Faktanya, tulis opini Majalah Tempo, susu formula telah lama menjadi andalan lebih dari separuh ibu Indonesia. Pada 2003 saja, menurut Survei Demografi dan Kesehatan Indonesia, 61 persen bayi usia hingga enam bulan bergantung pada susu formula. Survei Hellen Keller International pada 2002 menemukan air susu ibu hanya digunakan rata-rata 1,7 bulan, jauh dari syarat ideal pemakaian ASI selama enam bulan. Pantas saja, lanjut Zaki mengomentari fakta itu, angka kekerasan terhadap anak-anak yang dilakukan orang tuanya tinggi. Rupanya mereka berebut jatah susu toh. "Rupanya ada kesenjangan generasi. Perjuangan kelas," sinis Zaki. Kendati asal bunyi, sinisme Zaki cukup memancing pemikiran. Apalagi jika susu, persisnya susu entah ASI atau susu formula kita pahami sebagai mekanisme ketahanan pangan. Artinya, keberadaan susu merupakan mekanisme hubungan suplai pangan kepada bayi. Itulah mengapa setiap bayi menangis pasti terdiam saat disusui ibunya, atau diberikan susu. Karena diyakini tangis itu merupakan bentuk komunikasi bayi saat lapar atau haus. Dan sebuah penelitian kabarnya membuktikan itu, bahkan mengungkapkan fungsi antara satu dengan payudara lainnya berdasar fungsinya, sebut saja bagian kiri ASI "makan" dan bagian kanan ASI "minum"
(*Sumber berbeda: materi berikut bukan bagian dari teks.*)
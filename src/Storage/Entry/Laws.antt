-- ===== src/Storage/Entry/Laws.antt =====
-- What is read of a written entry, the key after a save, and the age of an entry.
use attic_shogi.Prelude.{
  ℕ, zero, suc, ◌+◌, ◌-◌, ◌*◌, ◌/◌, ◌%◌, ◌^◌, ◌<◌, bit_and, ◌≡◌, refl, sym, ap, ◌∙◌, Bool, true,
  false, not, ◌||◌, ◌==◌, if◌then◌else◌, arith, Bool-cases, inl, inr,
}
use attic_shogi.Prelude.Bits.{
  bit_and_step, bit_and_mask, bit_or_fields, bit_and-two_pow, digit-eq_div_mod,
}
use attic_shogi.Prelude.Int.{ℤ, pos, negsuc, ◌+ℤ◌, ◌-ℤ◌, ◌≤ℤ◌, ltb_ℤ}
use attic_shogi.Storage.Entry.{
  Bound, no_bound, upper, lower, exact, bound_code, bound_of_code, TtData, TtEntry, Save,
  relative_age, to_i16, of_i16, to_u8, depth_none, read, is_occupied, bit_of, keeps_move, replaces,
  pack, save, bound_mask, pv_mask,
}

pub relative_age_lem : (g c : ℕ) → g < 2 ^ 8 → relative_age g c ≡ (c + 2 ^ 8 - g) % 2 ^ 5
unfolding relative_age
relative_age_lem g c h = bit_and_mask 5 ((c + 2 ^ 8 - g) % 2 ^ 8) ∙ omega arith

-- What the arguments of `save` are in the program: 16-bit words, a depth that its byte holds and
-- that is not `DEPTH_NONE`, and a generation of five bits.
pub record IsSave (s : Save) : Type 0 where
  pub key : s.key < 2 ^ 16
  pub move16 : s.move16 < 2 ^ 16
  pub value : (negsuc 32767 ≤ℤ s.value) × (s.value ≤ℤ pos 32767)
  pub eval : (negsuc 32767 ≤ℤ s.eval) × (s.eval ≤ℤ pos 32767)
  pub depth : (negsuc 1 ≤ℤ s.depth) × (s.depth ≤ℤ pos 252)
  pub generation : s.generation < 2 ^ 5

pub to_i16-lt : (v : ℤ) → to_i16 v < 2 ^ 16
to_i16-lt (pos n) = omega arith
to_i16-lt (negsuc n) = omega arith

pub of_i16-to_i16 : (v : ℤ) → negsuc 32767 ≤ℤ v → v ≤ℤ pos 32767 → of_i16 (to_i16 v) ≡ v
unfolding of_i16
of_i16-to_i16 (pos n) p q = ground arith
of_i16-to_i16 (negsuc n) p q = ground arith

depth_back :
    (d : ℤ)
    → negsuc 1 ≤ℤ d
    → d ≤ℤ pos 252
    → (depth_none +ℤ pos (to_u8 (d -ℤ depth_none)) ≡ d) × (0 < to_u8 (d -ℤ depth_none))
unfolding ◌+ℤ◌ ◌-ℤ◌
depth_back (pos n) p q = ground arith
depth_back (negsuc zero) p q = ground arith
depth_back (negsuc (suc zero)) p q = ground arith
depth_back (negsuc (suc (suc n))) p q = absurd (omega arith)

pub bound_code-lt : (b : Bound) → bound_code b < 4
bound_code-lt b = ground arith

pub bit_of-lt : (b : Bool) → bit_of b < 2
bit_of-lt b = ground arith

pub pack_lem :
    (s : Save)
    → s.generation < 2 ^ 5
    → pack s ≡ s.generation + bound_code s.bound * 2 ^ 5 + bit_of s.pv * 2 ^ 7
unfolding pack
pack_lem s h =
    let low = bit_or_fields 5 s.generation (bound_code s.bound) h in
    rw low (
      bit_or_fields 7 (s.generation + bound_code s.bound * 2 ^ 5) (bit_of s.pv)
        (omega (arith, bound_code-lt s.bound)))

bit_and_even : (a m : ℕ) → bit_and a (m * 2) ≡ bit_and (a / 2) m * 2
bit_and_even a m =
    let half : m * 2 / 2 ≡ m = omega arith in
    let low : m * 2 % 2 ≡ 0 = omega arith in bit_and_step a (m * 2) ∙ rw (half, low) (omega arith)

bound_field : (a : ℕ) → bit_and a bound_mask / 2 ^ 5 ≡ a / 2 ^ 5 % 4
bound_field a = omega (
  arith,
  bit_and_even a 48,
  bit_and_even (a / 2) 24,
  bit_and_even (a / 2 / 2) 12,
  bit_and_even (a / 2 / 2 / 2) 6,
  bit_and_even (a / 2 / 2 / 2 / 2) 3,
  bit_and_mask 2 (a / 2 / 2 / 2 / 2 / 2),
)

pv_field : (a : ℕ) → bit_and a pv_mask ≡ a / 2 ^ 7 % 2 * 2 ^ 7
pv_field a = bit_and-two_pow a 7 ∙ ap (λ (x : ℕ). x * 2 ^ 7) (digit-eq_div_mod a 7)

bound_back : (b : Bound) → bound_of_code (bound_code b) ≡ b
unfolding bound_of_code
bound_back no_bound = refl
bound_back upper = refl
bound_back lower = refl
bound_back exact = refl

bound_of_pack :
    (s : Save)
    → s.generation < 2 ^ 5
    → bound_of_code (bit_and (pack s) bound_mask / 2 ^ 5) ≡ s.bound
bound_of_pack s h =
    let field : pack s / 2 ^ 5 % 4 ≡ bound_code s.bound =
      omega (arith, pack_lem s h, bound_code-lt s.bound, bit_of-lt s.pv) in
    rw (bound_field (pack s), field) (bound_back s.bound)

pv_of_pack : (s : Save) → s.generation < 2 ^ 5 → not (bit_and (pack s) pv_mask == 0) ≡ s.pv
pv_of_pack s h =
    let field : pack s / 2 ^ 7 % 2 ≡ bit_of s.pv =
      omega (arith, pack_lem s h, bound_code-lt s.bound, bit_of-lt s.pv) in
    rw (pv_field (pack s), field) (ground arith)

-- What a reader sees of saved arguments, with the given move.
abbrev pub saved : Save → ℕ → TtData
saved s m = record {
  move16 = m;
  value = s.value;
  eval = s.eval;
  depth = s.depth;
  bound = s.bound;
  is_pv = s.pv;
}

-- The entry with every field but the move written.
abbrev pub written : TtEntry → Save → TtEntry
written e s = record e {
  key = s.key;
  depth8 = to_u8 (s.depth -ℤ depth_none);
  gen_bound8 = pack s;
  value16 = to_i16 s.value;
  eval16 = to_i16 s.eval;
}

pub read-written : (e : TtEntry) (s : Save) → IsSave s → read (written e s) ≡ saved s e.move16
unfolding read
read-written e s v = λ i. record {
  move16 = e.move16;
  value = of_i16-to_i16 s.value v.value.0 v.value.1 i;
  eval = of_i16-to_i16 s.eval v.eval.0 v.eval.1 i;
  depth = (depth_back s.depth v.depth.0 v.depth.1).0 i;
  bound = bound_of_pack s v.generation i;
  is_pv = pv_of_pack s v.generation i;
}

third_of : (a b c d : Bool) → (a || b || c || d) ≡ false → c ≡ false
third_of a b c d h = ground arith

-- Only a deeper entry of the same key is not replaced.
not_replaced :
    (e : TtEntry) (s : Save) → IsSave s → replaces e s ≡ false → (s.key ≡ e.key) × (0 < e.depth8)
unfolding replaces ◌+ℤ◌ ◌-ℤ◌
not_replaced e s v r = (
  ground arith,
  shallow s.depth v.depth.0 (
      third_of (bound_code s.bound == 3) (not (s.key == e.key))
        (ltb_ℤ (pos e.depth8 -ℤ pos 4) (s.depth -ℤ depth_none +ℤ pos (2 * bit_of s.pv)))
        (not (relative_age e.gen_bound8 s.generation == 0)) r),
)
  where
    shallow :
        (d : ℤ)
        → negsuc 1 ≤ℤ d
        → ltb_ℤ (pos e.depth8 -ℤ pos 4) (d -ℤ depth_none +ℤ pos (2 * bit_of s.pv)) ≡ false
        → 0 < e.depth8
    shallow (pos n) p q = ground arith
    shallow (negsuc n) p q = ground arith

moved_key :
    (b : Bool) (e : TtEntry) (s : Save)
    → (s.key ≡ e.key) × (0 < e.depth8)
    → let moved = if b then record e { move16 = s.move16 } else e in
      (moved.key ≡ s.key) × (not (moved.depth8 == 0) ≡ true)
moved_key true e s h = (sym h.0, ground arith)
moved_key false e s h = (sym h.0, ground arith)

-- After a save of valid arguments the entry holds their key and is occupied, whatever it held.
pub save-key :
    (e : TtEntry) (s : Save) → IsSave s → ((save e s).key ≡ s.key) × (is_occupied (save e s) ≡ true)
unfolding save is_occupied
save-key e s v = elim (Bool-cases (replaces e s)) [
  | inl r ↦ rw r (refl, ground (arith, (depth_back s.depth v.depth.0 v.depth.1).1))
  | inr r ↦ rw r (moved_key (keeps_move e s) e s (not_replaced e s v r))
]

-- The age of a saved entry of a generation below 32 is the number of generations since, modulo 32,
-- whatever its bound and pv bits.
pub relative_age-pack :
    (s : Save) (c : ℕ)
    → s.generation < 2 ^ 5
    → relative_age (pack s) c ≡ (c + 2 ^ 5 - s.generation) % 2 ^ 5
relative_age-pack s c h =
    relative_age_lem (pack s) c (omega (arith, pack_lem s h, bound_code-lt s.bound, bit_of-lt s.pv))
    ∙ omega (arith, pack_lem s h, bound_code-lt s.bound, bit_of-lt s.pv)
Pada saat yang sama, susu kalau coba dilebarkan sebagai pangan maka ujungnya juga kekuasaan. Imbasnya menciptakan mekanisme ketergantungan. Pangan dan kekuasan sendiri memang sangat berkaitan erat. Setidaknya merujuk pada tulisan Susan George yang berjudul Pangan: Dari Penindasan Sampai ke Ketahanan Pangan (2007). Dia katakan, kelaparan yang melanda manusia tidak disebabkan oleh hal-hal mistis. Kelaparan yang melanda secara luas bukanlah kutukan Tuhan, sehingga kita tidak perlu repot-repot bertapa atau bersemadi mencari penyebabnya. Kelaparan sebenarnya terjadi karena ulah manusia sendiri: seperti keserakahan segelintir manusia yang merampas sumber daya. Paralel dengan argumentasi itu, maka seorang ibu yang rela mengganti ASI dengan susu formula untuk buah hatinya---apalagi untuk alasan egois kesempurnaan penampilan--- sejatinya juga tengah menciptakan sebuah kelaparan berupa "kelaparan" hubungan psikologis. "Tapi payudara (payu+dara), kalau dimakna bebas berdasar asal kata kan berarti sarana agar sang empunya laku, minimal menjadi daya tarik lawan jenis," sinis Zaki sekali lagi, sembari mengurai kata Payu yang berarti Laku dalam bahasa Jawa, dan Dara yang berarti gadis. Lalu apa hubungannya dengan bakteri? Aku dan Zaki tak bisa lagi berteori. Namun, kami berdua meyakini sekiranya itu juga jenis bakteri, maka bukan jenis yang membahayakan, namun sebaliknya malah memabukkan. Tabik!